TEI allowed me to practice wielding this tool, bringing our research findings to general audiences, both orally and in writing. In day-to-day interactions with tourists, I had to figure out how to explain our experiments in plain English. By writing posts for this blog, I developed a voice and style—a way to keep readers engaged while walking them through a problem or specific study.
Working for TEI was one of the most informative experiences of my life. Whether intentional or not, Dr. Plotnik helped remove the binoculars from my eyes. No longer was my focus on the world of academia—what had seemed like the one and only option, looming large and right in front of me. Suddenly, I could see other career options and better appreciate the distance between where I was, where I am now, and where I think I want to be.
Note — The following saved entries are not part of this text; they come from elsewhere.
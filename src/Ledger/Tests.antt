-- ===== src/Ledger/Tests.antt =====
-- Concrete ledgers: internal/ledger run on small inputs, and the theorems at them.
use payment_engine_v.Base.{
  arith, stored, ℕ, ◌≤◌, pos, negsuc, ◌+ℤ◌, ◌-ℤ◌, String, true, false, none, some, [], ◌∷◌, ◌≡◌,
  ◌≢◌, ◌↔◌, ◌⊎◌, refl, All,
}
use payment_engine_v.Db.{transaction, done, refused, lost, ok, err}
use payment_engine_v.Ledger.Tables.{
  Discrepancy, debit, credit, Transaction, AccountRow, Tables, lookup_balance, or_zero,
}
use payment_engine_v.Ledger.Post.{
  add_balance, update_balance, insert_entry, post_entries, insert_transaction, post_body,
  add_to_sum, asset_sums, first_nonzero, validate_balance, entry_flaw, validate_entries, has_key,
  validate, post, already_posted,
}
use payment_engine_v.Ledger.Balanced.{IsWellFormed, debits, credits, validate_iff}
use payment_engine_v.Ledger.Atomic.{add_entries, PostEnd, post_end, posted}
use payment_engine_v.Ledger.Exact.{HasExactAmounts, HasExactBalances}
use payment_engine_v.Ledger.Consistent.{asset_net, IsConsistent, account_net, post-IsConsistent}
use payment_engine_v.Ledger.Claims.{Call, wins, wins-le, post_done, post_taken, balance-post}
use payment_engine_v.Ledger.Reconcile.{
  find_account, drift_of, drifted, publish, flag_body, flag_drift, flag_all, computed_balance,
  has_open, sweep_once, resolve_discrepancy, discrepancy_already_resolved,
}
use payment_engine_v.Ledger.Sweep.{
  IsDrifted, sweep_once_quiet, sweep_once_flags, sweep_once_frame, sweep_once_again,
}
use payment_engine_v.Ledger.Resolve.{
  IsResolved, open_others, resolve_discrepancy_once, resolve_discrepancy_refused,
}
use payment_engine_v.Ledger.Accounts.{has_account_key, find_key, Key, get_or_create_account}
use payment_engine_v.Ledger.Owners.{
  owner, IsKeyedOnce, get_or_create_account-owner, get_or_create_account_again,
}

abbrev account : ℕ → String → AccountRow
account id kind = record {
  id = id;
  tenant_id = none;
  account_type = kind;
  asset_code = "USDT";
  unit_type = "crypto";
  name = kind;
}

abbrev empty : Tables
empty = record {
  accounts = account 1 "treasury_in_transit" ∷ account 2 "crypto_fx_clearing" ∷ [];
  transactions = [];
  entries = [];
  balances = [];
  discrepancies = [];
  outbox = [];
}

abbrev deposit : Transaction
deposit = record {
  idempotency_key = "deposit_confirmed:session_5";
  txn_type = "deposit_confirmed";
  reference_type = "session";
  reference_id = 5;
  created_by = "settlement";
  entries =
      record { account_id = 1; direction = debit; amount = pos 2500000; asset_code = "USDT" }
      ∷ record { account_id = 2; direction = credit; amount = pos 2500000; asset_code = "USDT" }
      ∷ [];
}

-- The ledger after the deposit, and the same with one cached balance overwritten by hand.
abbrev after : Tables
after = posted 7 deposit empty

abbrev tampered : Tables
tampered = record after { balances = (1, pos 9990000) ∷ (2, negsuc 2499999) ∷ [] }

-- What a run of `post` and of `sweep_once` unfolds.
posting : Unit {0}
unfolding post posted validate validate_entries entry_flaw validate_balance first_nonzero asset_sums
    add_to_sum transaction post_body insert_transaction has_key post_entries insert_entry
    update_balance add_entries add_balance stored ◌+ℤ◌ ◌-ℤ◌
posting = tt

sweeping : Unit {0}
unfolding posting sweep_once flag_all flag_drift flag_body publish drifted drift_of find_account
    computed_balance has_open
sweeping = tt

post-deposit : post 7 deposit empty [] ≡ (ok 7, after, [])
unfolding posting
post-deposit = refl

-- A refused third statement leaves nothing behind.
post-broken : (post 7 deposit empty (done ∷ done ∷ done ∷ refused ∷ [])).1 ≡ empty
unfolding posting
post-broken = refl

-- The second payout attempt of one key is refused.
post_twice : (post 8 deposit after []).0 ≡ err already_posted
unfolding posting
post_twice = refl

empty-IsConsistent : IsConsistent empty
unfolding computed_balance asset_net
empty-IsConsistent = record {
  cached = λ a. refl;
  balanced = λ asset. refl;
  unique = tt;
  keyed = tt;
}

-- 250 and 250.
deposit-exact : HasExactAmounts deposit.entries
deposit-exact = (record { above = refl; below = refl }, (record { above = refl; below = refl }, tt))

after-IsConsistent : IsConsistent after
unfolding posting
after-IsConsistent = (post-IsConsistent 7 deposit empty [] deposit-exact tt empty-IsConsistent).0

post-IsConsistent_example :
    IsConsistent (post 7 deposit empty (done ∷ done ∷ lost ∷ [])).1
    × HasExactBalances (post 7 deposit empty (done ∷ done ∷ lost ∷ [])).1.balances
post-IsConsistent_example =
    post-IsConsistent 7 deposit empty (done ∷ done ∷ lost ∷ []) deposit-exact tt empty-IsConsistent

-- A posting of 1.5 units of the columns' last place, as a product may be, and one that takes it back:
-- each entry is rounded away from zero, and so is each balance on its way, so that a unit stays.
abbrev tie : String → ℕ → ℕ → Transaction
tie key from to = record {
  idempotency_key = key;
  txn_type = "fx_conversion";
  reference_type = "session";
  reference_id = 5;
  created_by = "settlement";
  entries =
      record { account_id = from; direction = debit; amount = pos 15000; asset_code = "NGN" }
      ∷ record { account_id = to; direction = credit; amount = pos 15000; asset_code = "NGN" }
      ∷ [];
}

abbrev back_and_forth : Tables
back_and_forth = (post 8 (tie "b" 2 1) (post 7 (tie "a" 1 2) empty []).1 []).1

ties_drift :
    (lookup_balance 1 back_and_forth.balances ≡ some (pos 10000))
    × (computed_balance 1 back_and_forth.entries ≡ pos 0)
unfolding sweeping
ties_drift = (refl, refl)

post_end_example : PostEnd 7 deposit empty (post 7 deposit empty [])
post_end_example = post_end 7 deposit empty []

validate_iff_example : (validate deposit.entries ≡ none) ↔ (
    (deposit.entries ≢ [])
    × All IsWellFormed deposit.entries
    × ((asset : String) → debits asset deposit.entries ≡ credits asset deposit.entries))
validate_iff_example = validate_iff deposit.entries

abbrev call : Call
call = record { id = 7; txn = deposit; answers = [] }

wins-le_example : wins "deposit_confirmed:session_5" (call ∷ call ∷ []) empty ≤ 1
unfolding has_key
wins-le_example = wins-le "deposit_confirmed:session_5" (call ∷ call ∷ []) empty

post_done_example : post 7 deposit empty [] ≡ (ok 7, posted 7 deposit empty, [])
unfolding posting
post_done_example = post_done 7 deposit empty refl (omega arith, (omega arith, tt)) refl

post_taken_example : post 8 deposit after [] ≡ (err already_posted, after, [])
unfolding posting
post_taken_example = post_taken 8 deposit after refl refl

balance-post_example :
    or_zero (lookup_balance 2 (post 7 deposit empty []).1.balances)
    ≡ or_zero (lookup_balance 2 empty.balances) +ℤ account_net 2 deposit.entries
unfolding posting
balance-post_example = balance-post 2 7 deposit empty [] deposit-exact tt refl

sweep_once_quiet_example : (sweep_once true (λ a. a) 3 after []).1 ≡ after
sweep_once_quiet_example = sweep_once_quiet true (λ a. a) 3 after [] after-IsConsistent

sweep_once_flags_example :
    (has_open 1 (sweep_once true (λ a. a) 3 tampered []).1.discrepancies ≡ true)
    ↔ ((has_open 1 tampered.discrepancies ≡ true) ⊎ IsDrifted tampered 1)
sweep_once_flags_example = sweep_once_flags true (λ a. a) 3 1 tampered (refl, (refl, tt))

abbrev swept : Tables
swept = (sweep_once true (λ a. a) 3 tampered []).1

-- The sweep opens a discrepancy for the overwritten account alone.
swept_flags : (has_open 1 swept.discrepancies ≡ true) × (has_open 2 swept.discrepancies ≡ false)
unfolding sweeping
swept_flags = (refl, refl)

sweep_once_frame_example :
    (swept.accounts ≡ tampered.accounts)
    × (swept.transactions ≡ tampered.transactions)
    × (swept.entries ≡ tampered.entries)
    × (swept.balances ≡ tampered.balances)
sweep_once_frame_example = sweep_once_frame true (λ a. a) 3 tampered []

sweep_once_again_example : (sweep_once true (λ a. a) 4 swept []).1 ≡ swept
sweep_once_again_example = sweep_once_again true (λ a. a) (λ a. a) 3 4 tampered

resolve_discrepancy_once_example :
    let (r, s', _) = resolve_discrepancy 1 9 "checked" 5 swept [] in
    ((d : Discrepancy) × (r ≡ ok d) × IsResolved 1 9 "checked" 5 d)
    × (resolve_discrepancy 1 9 "again" 6 s' [] ≡ (err discrepancy_already_resolved, s', []))
    × (open_others 1 s'.discrepancies ≡ open_others 1 swept.discrepancies)
    × (s'.balances ≡ swept.balances)
    × (s'.entries ≡ swept.entries)
resolve_discrepancy_once_example =
    resolve_discrepancy_once 1 9 9 "checked" "again" 5 6 swept (unfold sweeping in refl)

resolve_discrepancy_refused_example :
    resolve_discrepancy 1 9 "checked" 5 after [] ≡ (err discrepancy_already_resolved, after, [])
resolve_discrepancy_refused_example =
    resolve_discrepancy_refused 1 9 "checked" 5 after (unfold posting in refl)

abbrev payable : Key
payable = record { tenant_id = some 4; account_type = "tenant_payable"; asset_code = "NGN" }

get_or_create_account-owner_example :
    let (r, s', _) = get_or_create_account 3 payable "fiat" "Tenant payable" empty [] in
    (id : ℕ) × (r ≡ ok id) × (owner id s'.accounts ≡ some payable) × IsKeyedOnce s'.accounts
get_or_create_account-owner_example =
    get_or_create_account-owner 3 payable "fiat" "Tenant payable" empty
      (unfold find_key has_account_key in (refl, refl, (refl, refl, tt))) refl

get_or_create_account_again_example :
    let (r, s', _) = get_or_create_account 3 payable "fiat" "Tenant payable" empty [] in
    get_or_create_account 9 payable "fiat" "another name" s' [] ≡ (r, s', [])
get_or_create_account_again_example =
    get_or_create_account_again 3 9 payable "fiat" "Tenant payable" "fiat" "another name" empty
After leaving TEI and returning to the U.S., I worked as a writer and producer for a small media company in Atlanta. My blogging and education experience with TEI helped me secure that position, at least in part (3).
With some professional writing experience under my belt, I was keen to reenter the world of animal behavior and communication. So I jumped at the opportunity to return to Yerkes (the research facility I’d left to move to Thailand) to work in their behavioral management department.
My job now has me working alongside a team of behavior experts and animal trainers. I spend my days observing primate social behavior and immersing myself in relevant research. The end goal? Making life as natural and comfortable as possible for the animals that are enabling scientists to make medical breakthroughs with research on Alzheimer’s, Parkinson’s, Huntington’s, HIV, malaria, addiction, aging, and more.
I’m hoping to enroll in my first formal science writing course next summer. This new job and the plan to return to school part-time, this is my new X. It’s too early for me to tell how wrong I am about where I’m headed. But that’s what makes this whole career journey interesting. I’m just going to continue taking steps in directions that seem to make sense. I’ll let hindsight tell me they were the right steps to take.